How will someone as skinny and weak as toper grace be able to play electo?


----------



## Dimezanime88 (Feb 12, 2006)

That sound's pretty fucking awesome! Though it may have seemed obvious to alot, I don't get it. Who is the villian for SM4?


----------



## Tousenz (Feb 12, 2006)

> That sound's pretty fucking awesome! Though it may have seemed obvious to alot, I don't get it. Who is the villian for SM4?


 
Venom duh lol


----------



## Dimezanime88 (Feb 12, 2006)

Tousen said:
			
		

> Venom duh lol



So they are going to follow the exact cartoon and comic guideline? Since Spidey is said to have the costume in SM3, how the hell is Brock [that's his name right?lol] going to get it?


----------



## crazymtf (Feb 12, 2006)

blackbird2300 said:
			
		

> How will someone as skinny and weak as toper grace be able to play electo?
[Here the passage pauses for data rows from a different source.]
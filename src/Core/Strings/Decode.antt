-- ===== src/Core/Strings/Decode.antt =====
-- acatl/string_helper.cpp: `decode` on percent encodings.
use acatl.Base.{
  ℕ, ◌+◌, ◌-◌, ◌*◌, ◌/◌, ◌%◌, ◌<◌, ◌≡◌, refl, ap, ◌∙◌, Bool, true, false, not, ◌&&◌, ◌||◌, Bytes,
  [], ◌∷◌, some, ◌==◌, ltb, if◌then◌else◌, All, IsByte, arith, Bool-cases, inl, inr,
}
use acatl.Core.Strings.{decode, read_hex, hex_digit, written}

abbrev hex_char : ℕ → ℕ
hex_char n = if ltb n 10 then n + b'0' else n + (b'A' - 10)

-- A percent encoding that keeps the characters that `keep` says, `%` and `+` apart.
unfoldable pub encode : (ℕ → Bool) → Bytes → Bytes
encode keep [] = []
encode keep (c ∷ cs) =
    let rest = encode keep cs in
    if keep c && not (c == b'%' || c == b'+')
    then c ∷ rest
    else b'%' ∷ hex_char (c / 16) ∷ hex_char (c % 16) ∷ rest

hex_digit-hex_char : (n : ℕ) → n < 16 → hex_digit (hex_char n) ≡ some n
unfolding hex_digit
hex_digit-hex_char n h = ground arith

read_hex_two :
    (a b h l : ℕ) → hex_digit a ≡ some h → hex_digit b ≡ some l → read_hex a b ≡ some (16 * h + l)
unfolding read_hex
read_hex_two a b h l p q = rw (p, q, read_hex)

read_hex-hex_char : (c : ℕ) → c < 256 → read_hex (hex_char (c / 16)) (hex_char (c % 16)) ≡ some c
read_hex-hex_char c h =
    let e : 16 * (c / 16) + c % 16 ≡ c = omega arith in
    read_hex_two (hex_char (c / 16)) (hex_char (c % 16)) (c / 16) (c % 16)
      (hex_digit-hex_char (c / 16) (omega arith)) (hex_digit-hex_char (c % 16) (omega arith))
    ∙ ap some e

decode-percent :
    (d e v : ℕ) (s : Bytes)
    → read_hex d e ≡ some v
    → decode (b'%' ∷ d ∷ e ∷ s) ≡ written v (decode s)
unfolding decode
decode-percent d e v s h = rw (h, decode)

decode_plain :
    (c : ℕ) (s : Bytes)
    → (c == b'%') ≡ false
    → (c == b'+') ≡ false
    → decode (c ∷ s) ≡ written c (decode s)
unfolding decode
decode_plain c [] p q = rw (p, q)
decode_plain c (d ∷ []) p q = rw (p, q, decode)
decode_plain c (d ∷ e ∷ s) p q = rw (p, q, decode)

-- `decode` accepts the percent encoding of a byte string, whichever characters but `%` and `+` the
-- encoding keeps, and gives the string back.
pub decode-encode :
    (keep : ℕ → Bool) (s : Bytes) → All IsByte s → decode (encode keep s) ≡ (true, s)
unfolding encode
decode-encode keep [] h = unfold decode in refl
decode-encode keep (c ∷ cs) (byte, bytes) =
    elim (Bool-cases (keep c && not (c == b'%' || c == b'+'))) [
      | inl kept ↦ rw kept (
          decode_plain c (encode keep cs) (ground arith) (ground arith)
          ∙ ap (written c) (decode-encode keep cs bytes))
      | inr hidden ↦ rw hidden (
          decode-percent (hex_char (c / 16)) (hex_char (c % 16)) c (encode keep cs)
            (read_hex-hex_char c byte)
          ∙ ap (written c) (decode-encode keep cs bytes))
    ]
Easy electro is skinny, and pretty weak, he just has a cool power.


----------



## CABLE (Feb 12, 2006)

I like venom, but I could see him being ruined due to the overuse of sfx that would be needed to make him.  Electro though, would be badass.  So at this point we have Goblin II, Sandman, and Electro.  If it stayed that way i'd be happy.  Three A-class spidey villains.  If they did more than three, it would just be excessive.  I'm glad too that Topher Grace won't be venom.  Hard to turn a wussy girly man into a pissed of highschool gym teacher.


----------



## Daniee (Feb 12, 2006)

Kickass!  

But can we really trust that page? It doesn't seem trustworthy to me for some reason...and Spidey getting the symbiote suit would be so cool


----------



## QBnoYouko (Feb 12, 2006)

Awesome news, can't wait for Spiderman 3 now. Black spidey suit sounds sick.

While reading the article I stumbled on to this:


> Meanwhile during the movie, Jameson's son returns to space with two passengers and a stow away boards his ship. yes its a small red-gel like substance that attaches itself to anything with molecules, remember that.


Is it just me, or does it remind anyone else of Carnage?


----------



## CABLE (Feb 12, 2006)

hopefully they don't try to put John Jameson in as Man-Wolf.


----------



## Brandt (Feb 12, 2006)

Holy Jesus... Damn, that is awesome! Can't wait to see this if it's true!


----------



## S.o.L (Feb 12, 2006)

This movie is going to rock.


----------



## Dimezanime88 (Feb 12, 2006)

QBnoYouko said:
			
		

> Awesome news, can't wait for Spiderman 3 now. Black spidey suit sounds sick.
> 
> While reading the article I stumbled on to this:
> Is it just me, or does it remind anyone else of Carnage?



Definitely sounds like Caranage. But wouldn't that be too much for the movie at the moment?


----------



## xKazex (Feb 12, 2006)

Its too bad there's more "evidence" that says otherwise. Plus the only backup this person has is just their own word, and they don't seem to be proven to be linked with the project.

I doubt Topher is playing Elektro, but I am pretty positive he won't become Venom until the end of the movie... hence the set up for SM4

Thomas Haden Church revealed in Starburst magazine very recently that Venom is in it, as did Ms. Dunst earlier last fall.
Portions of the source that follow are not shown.